Thanks in advance, and let me know if I need to be more specific.
EDIT: I'm going to be storing lots of relatively small pieces of data, which is why using lots of small files would be easier for me. So if I went with using a few large files, I'd only be retrieving a few KB out of them at a time. I'd also be using an index, so that's not really a problem. Also, some of the data points to other pieces of data (it would point to the file in the lots-of-small-files case, and point to the data's location within the file in the large-files case).
There are a lot of assumptions here but, for all intents and purposes, searching through a large file will much be quicker than searching through a bunch of small files.
Let's say you are looking for a string of text contained in a text file. Searching a 1TB file will be much faster than opening 1,000,000 MB files and searching through those.
Each file-open operation takes time. A large file only has to be opened once.
And, in considering disk performance, a single file is much more likely to be stored contiguously than a large series of files.
...Again, these are generalizations without knowing more about your specific application.
It depends. really. Different filesystems are optimized in a different way, but in general, small files are packed efficiently. The advantage of having large files is that you don't have to open and close a lot of stuff. open and close are operations that take time. If you have a large file, you normally open and close only once and you use seek operations
If you go for the lots-of-files solution, I suggest you a structure like
b/a/bar
b/a/baz
f/o/foo
because you have limits on the number of files in a directory.
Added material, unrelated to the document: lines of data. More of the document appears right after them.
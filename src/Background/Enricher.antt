-- ===== src/Background/Enricher.antt =====
-- internal/background/scheduler.go: one run of the action transaction enricher.
-- No other writer is modelled during a run. The clock is read once. Which queries and which writes
-- fail, and what the chain answers for each action, are parameters; an action is asked for once.
pub mod Step
pub mod Batch
pub mod Run
use lumescope.Prelude.{
  ℕ, zero, suc, ◌+◌, ◌%◌, ◌^◌, String, Bool, Option, none, some, List, [], ◌∷◌, last?, length, ltb,
  if◌then◌else◌,
}
use lumescope.Prelude.Int.{pos}
use lumescope.Db.Types.{Time, ActionDb, ActionTransaction, Action}
use lumescope.Db.Transactions.{upsert_transaction, get_unenriched_actions}
use lumescope.Lumera.Tx.{Chain, Client, get_action_transactions}

pub record Env : Type 0 where
  pub now : Time
  pub chain : ℕ → Chain
  pub query_succeeds : ℕ → Bool
  pub write_succeeds : ActionTransaction → Bool

-- what a run changes: the table of transactions and the client's cache
pub record World : Type 0 where
  pub txs : List ActionTransaction
  pub client : Client

abbrev pub placeholder_hash : String
placeholder_hash = "_NO_TX_FOUND_"

abbrev pub placeholder : Action → ActionTransaction
placeholder action = record {
  action_id = action.action_id;
  tx_type = "register";
  tx_hash = placeholder_hash;
  height = pos 0;
  block_time = action.created_at;
  gas_wanted = none;
  gas_used = none;
  action_price = none;
  action_price_denom = none;
  flow_payer = none;
  flow_payee = none;
  tx_fee = none;
  tx_fee_denom = none;
  created_at = 0;
}

-- an error of the write is logged, and the loop goes on
unfoldable pub write : Env → ActionTransaction → List ActionTransaction → List ActionTransaction
write env t txs = if env.write_succeeds t then upsert_transaction env.now t txs else txs

write_all : Env → List ActionTransaction → List ActionTransaction → List ActionTransaction
unfolding write
write_all env [] txs = txs
write_all env (t ∷ ts) txs = write_all env ts (write env t txs)

-- the rows to write for an action: those found, or the placeholder
abbrev pub found_or_placeholder : Action → List ActionTransaction → List ActionTransaction
found_or_placeholder action [] = placeholder action ∷ []
found_or_placeholder action (t ∷ ts) = t ∷ ts

-- the body of the loop over a batch
unfoldable pub enrich : Env → Action → World → World
unfolding write_all
enrich env action w =
    let (found, client) = get_action_transactions (env.chain action.action_id) w.client action in
    record { txs = write_all env (found_or_placeholder action found) w.txs; client = client }

unfoldable pub enrich_all : Env → List Action → World → World
enrich_all env [] w = w
enrich_all env (a ∷ rest) w = enrich_all env rest (enrich env a w)

-- `minID = action.ActionID + 1` on a uint64, after the last action of a batch
unfoldable pub next_id : ℕ → List Action → ℕ
next_id min_id batch = elim (last? batch) [ none ↦ min_id | some a ↦ (a.action_id + 1) % 2 ^ 64 ]

abbrev pub batch_size : ℕ
batch_size = 50

-- `failed` is the error of a query; `out_of_fuel` is not a result of the code
pub data Outcome : Type 0 where
  completed failed : World → Outcome
  out_of_fuel : Outcome

-- an empty batch ends the run, and so does a short one after it has been worked through
abbrev pub after_batch : List Action → World → World → Outcome → Outcome
after_batch [] w w' later = completed w
after_batch (a ∷ rest) w w' later =
    if ltb (length (a ∷ rest)) batch_size then completed w' else later

-- the loop over the batches; `n` counts them
unfoldable pub run_batches : ℕ → Env → List ActionDb → ℕ → ℕ → World → Outcome
unfolding next_id
run_batches zero env rows n min_id w = out_of_fuel
run_batches (suc fuel) env rows n min_id w =
    let batch = get_unenriched_actions w.txs min_id (pos batch_size) rows in
    let w' = enrich_all env batch w in
    let later = run_batches fuel env rows (n + 1) (next_id min_id batch) w' in
    if env.query_succeeds n then after_batch batch w w' later else failed w

unfoldable pub run_action_tx_enricher : ℕ → Env → List ActionDb → ℕ → World → Outcome
run_action_tx_enricher fuel env rows start_id w = run_batches fuel env rows 1 start_id w
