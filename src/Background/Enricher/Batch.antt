-- ===== src/Background/Enricher/Batch.antt =====
-- One batch of the enricher, and lists of actions.
use lumescope.Prelude.{
  ℕ, suc, ◌<◌, ◌≡◌, refl, ap, some, List, [], ◌∷◌, ◌++◌, arith, take, length, last?, map, lt→ltb,
}
use lumescope.Prelude.Int.{pos}
use lumescope.Db.Types.{ActionDb, Action, ActionTransaction}
use lumescope.Db.Transactions.{unenriched, to_action, get_unenriched_actions}
use lumescope.Background.Enricher.{
  Env, World, enrich, enrich_all, batch_size, Outcome, completed, after_batch,
}

pub enrich_all-append :
    (env : Env) (xs ys : List Action) (w : World)
    → enrich_all env (xs ++ ys) w ≡ enrich_all env ys (enrich_all env xs w)
unfolding enrich_all
enrich_all-append env [] ys w = refl
enrich_all-append env (x ∷ xs) ys w = enrich_all-append env xs ys (enrich env x w)

pub last?-map :
    (xs : List ActionDb) (x : ActionDb)
    → last? xs ≡ some x
    → last? (map to_action xs) ≡ some (to_action x)
last?-map [] x h = cc
last?-map (y ∷ []) x h = let same : y ≡ x = cc in ap (λ r. some (to_action r)) same
last?-map (y ∷ z ∷ xs) x h = last?-map (z ∷ xs) x h

pub length-map-to_action : (xs : List ActionDb) → length (map to_action xs) ≡ length xs
length-map-to_action [] = refl
length-map-to_action (x ∷ xs) = ap suc (length-map-to_action xs)

pub map-append_to_action :
    (xs ys : List ActionDb) → map to_action (xs ++ ys) ≡ map to_action xs ++ map to_action ys
map-append_to_action [] ys = refl
map-append_to_action (x ∷ xs) ys = ap (λ l. to_action x ∷ l) (map-append_to_action xs ys)

pub batch_lem :
    (txs : List ActionTransaction) (min_id : ℕ) (rows : List ActionDb)
    → get_unenriched_actions txs min_id (pos batch_size) rows
      ≡ map to_action (take batch_size (unenriched txs min_id rows))
unfolding get_unenriched_actions
batch_lem txs min_id rows = refl

pub after_short :
    (env : Env) (batch : List Action) (w : World) (later : Outcome)
    → length batch < batch_size
    → after_batch batch w (enrich_all env batch w) later ≡ completed (enrich_all env batch w)
unfolding enrich_all
after_short env [] w later h = refl
after_short env (a ∷ rest) w later h = rw (lt→ltb _ _ h)

pub after_full :
    (batch : List Action) (w w' : World) (later : Outcome)
    → length batch ≡ batch_size
    → after_batch batch w w' later ≡ later
after_full [] w w' later h = absurd (omega arith)
after_full (a ∷ rest) w w' later h = rw h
The main issue here TMO is about indexing. If you're going to search information in a huge file without a good index, you'll have to scan the whole file for the correct information which can be long. If you think you can build strong indexing mechanisms then fine, you should go with the huge file.
I'd prefer to delegate this task to ext3 which should be rather good at it.
edit :
A thing to consider according to this wikipedia article on ext3 is that fragmentation does happen over time. So if you have a huge number of small files which take a significant percentage of the file system then you will lose performances over time.
The article also validate the claim about 32k files per directory limit (assuming a wikipedia article can validate anything)
I believe Ext3 has a limit of about 32000 files/subdirectories per directory. If you're going the millions of files route, you'll need to spread them throughout many directories. I don't know what that would do to performance.
My preference would be for the several large files. In fact, why have several at all, unless they're some kind of logically-separate units? If you're still splitting it up just for the sake of splitting it, I say don't do that. Ext3 can handle very large files just fine.
I work with a system that stores up to about 5 million files on an XFS file system under Linux and haven't had any performance problems. We only use the files for storing the data, we never full scan them, we have a database for searching and one of the fields in a table contains a guid which we use to retrieve. We use exactly two levels of directories as above with the filenames being the guid, though more could be used if the number of files got even larger. We chose this approach to avoid storing a few extra terabytes in the database that only needed to be stored/returned and never searched through and it has worked well for us. Our files range from 1k to about 500k.
We have also run the system on ext3, and it functioned fine, though I'm not sure if we ever pushed it past about a million files. We'd probably need to go to a 3 directory system due to maximum files per directory limitations.